Speedups with random initialization and the array size up to 2^{29}. The running times to sort an array of size 2^{29} sequentially are the following: mergesort: 252342.816, quicksort: 178990.613 in Mcycles. For 32 threads the running times shrink to 35746.808 (mergesort) and 19651.614 (quicksort) — Figure 2: Speedups with random initialization and the array size up to 2²⁹. The running times to sort an array of size 2²⁹ **sequentially** are the following: mergesort: 252342.816, quicksort: 178990.613 in **Mcycles**. For **32 threads** the running times shrink to 35746.808 (mergesort) and 19651.614 (quicksort)

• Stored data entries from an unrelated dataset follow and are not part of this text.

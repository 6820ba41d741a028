-- ===== src/Hyperv/RawDisk.antt =====
-- agent/hyperv/rawdisk.go: WriteAt and AlignedRange. A disk is its bytes by offset. The write of the
-- operating system is a parameter: the bytes after it, and whether it returned no error.
use mathlib.Core.Path.{ap₂}
use hyperv_control_plane.Prelude.{
  ℕ, ◌+◌, ◌-◌, ◌%◌, ◌≤◌, ◌<◌, ◌^◌, ◌≡◌, refl, ◌⊎◌, inl, inr, ap, ◌∙◌, ℤ, pos, pos_part, ltb_ℤ,
  eqb_ℤ, add64, sub64, rem64, add64_pos, sub64_pos, Bool, true, not, ◌||◌, Option, none, some, List,
  [], ◌∷◌, length, ◌==◌, if◌then◌else◌, arith, Bool-cases,
}

abbrev pub sector_size : ℕ
sector_size = 4096

-- The byte at an index, and 0 past the end.
abbrev pub byte_at : List ℕ → ℕ → ℕ
byte_at [] i = 0
byte_at (b ∷ bs) i = if i == 0 then b else byte_at bs (i - 1)

pub record RawDisk : Type 0 where
  pub size_bytes : ℤ  -- int64
  pub cells : ℕ → ℕ

pub data WriteError : Type 0 where
  negative_offset : WriteError
  not_aligned : WriteError
  past_end : WriteError
  os_failure : WriteError

abbrev pub OsWrite : Type 0
OsWrite = (ℕ → ℕ) → List ℕ → ℕ → (ℕ → ℕ) × Bool

-- What File.WriteAt documents: bytes outside of the range stay, and without an error those of the
-- range are the ones given.
pub record Writes (os_write : OsWrite) : Type 0 where
  pub elsewhere :
      (cells : ℕ → ℕ) (bs : List ℕ) (offset p : ℕ)
      → (p < offset) ⊎ (offset + length bs ≤ p)
      → (os_write cells bs offset).0 p ≡ cells p
  pub written :
      (cells : ℕ → ℕ) (bs : List ℕ) (offset p : ℕ)
      → (os_write cells bs offset).1 ≡ true
      → offset ≤ p
      → p < offset + length bs
      → (os_write cells bs offset).0 p ≡ byte_at bs (p - offset)

unfoldable pub write_at : OsWrite → RawDisk → List ℕ → ℤ → RawDisk × Option WriteError
write_at os_write d bs offset =
    if ltb_ℤ offset (pos 0)
    then (d, some negative_offset)
    else if not (eqb_ℤ (rem64 offset sector_size) (pos 0)) || not (length bs % sector_size == 0)
    then (d, some not_aligned)
    else if ltb_ℤ d.size_bytes (add64 offset (pos (length bs)))
    then (d, some past_end)
    else let (cells, ok) = os_write d.cells bs (pos_part offset) in
      (record d { cells = cells }, if ok then none else some os_failure)

-- An end of a range, moved up to the end of its sector.
unfoldable pub round_up : ℤ → ℤ
round_up end_ =
    let r = rem64 end_ sector_size in
    if eqb_ℤ r (pos 0) then end_ else add64 end_ (sub64 (pos sector_size) r)

unfoldable pub aligned_range : ℤ → ℤ → ℤ × ℤ
unfolding round_up
aligned_range offset len =
    if not (ltb_ℤ (pos 0) len)
    then (offset, pos 0)
    else let start = sub64 offset (rem64 offset sector_size) in
      (start, sub64 (round_up (add64 offset len)) start)

-- Where a range of bytes begins and ends when it is widened to whole sectors.
abbrev pub floor : ℕ → ℕ
floor n = n - n % 4096

abbrev pub ceil : ℕ → ℕ
ceil n = if n % 4096 == 0 then n else n + (4096 - n % 4096)

round_up_lem : (n : ℕ) → n < 2 ^ 62 → round_up (pos n) ≡ pos (ceil n)
unfolding round_up
round_up_lem n h =
    let d = sub64_pos 4096 (n % 4096) (omega arith) (omega arith) in
    let up = add64_pos n (4096 - n % 4096) (omega arith) in
    elim (Bool-cases (n % 4096 == 0)) [
      | inl z ↦ ground (arith, z)
      | inr z ↦ ground (arith, z, ap (add64 (pos n)) d, up)
    ]

pub floor-le-ceil : (offset n : ℕ) → offset ≤ n → floor offset ≤ ceil n
floor-le-ceil offset n h = ground arith

pub ceil_bound : (n : ℕ) → (n ≤ ceil n) × (ceil n < n + 4096) × (ceil n % 4096 ≡ 0)
ceil_bound n = ground arith

pub aligned_range_zero : (offset : ℕ) → aligned_range (pos offset) (pos 0) ≡ (pos offset, pos 0)
unfolding aligned_range
aligned_range_zero offset = refl

-- A range below 2^62 is widened to whole sectors, without a wrap.
pub aligned_range_lem :
    (offset len : ℕ)
    → offset + len < 2 ^ 62
    → 0 < len
    → aligned_range (pos offset) (pos len)
      ≡ (pos (floor offset), pos (ceil (offset + len) - floor offset))
unfolding aligned_range
aligned_range_lem offset len h l =
    let e = ap round_up (add64_pos offset len (omega arith)) ∙ round_up_lem (offset + len) h in
    let s = sub64_pos offset (offset % 4096) (omega arith) (omega arith) in
    let width =
      sub64_pos (ceil (offset + len)) (floor offset)
        (floor-le-ceil offset (offset + len) (omega arith))
        (omega (arith, ceil_bound (offset + len))) in
    ground (arith, s, ap₂ sub64 e s ∙ width)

Figure 1 shows that the parallel merge and quicksort algorithm for the array sizes of $2^{14}, ..., 2^{17}$ yields rather small speedup, because the running time is still short and thus the omp-overhead proportionally large. The efficiency decreases rapidly with increasing number of threads. Figure 4 illustrates that parallelisation becomes beneficial only for very large arrays and consequently longer running times. For arrays of size $2 ^{13}$ multi-threading starts to pay-off for all sorting algorithms, see Figure 6.

Conclusion

Evaluating the algorithms for speedups and total running time, the parallel quicksort outperforms in both categories. In general the results show that recursive algorithms can have an advantage over iterative algorithms such as bubble and odd-even sort because their for loop iteration as a fast as their slowest chunk of the for-loop. Quicksort might pivot on an non-ideal element but this causes no other threads to wait. Hence when the first $n$ partition are performed then all $n$ threads will continuously work until the array is sorted. The merge sort has such an dependency which sparks in Figure 2. Besides mergesort needs twice as much memory. Concerning the $O(n^2)$ algorithms, even-though it is more straightforward to implement a parallel odd-even sort then a parallel bubble sort, the speedup advantage of odd-even is small.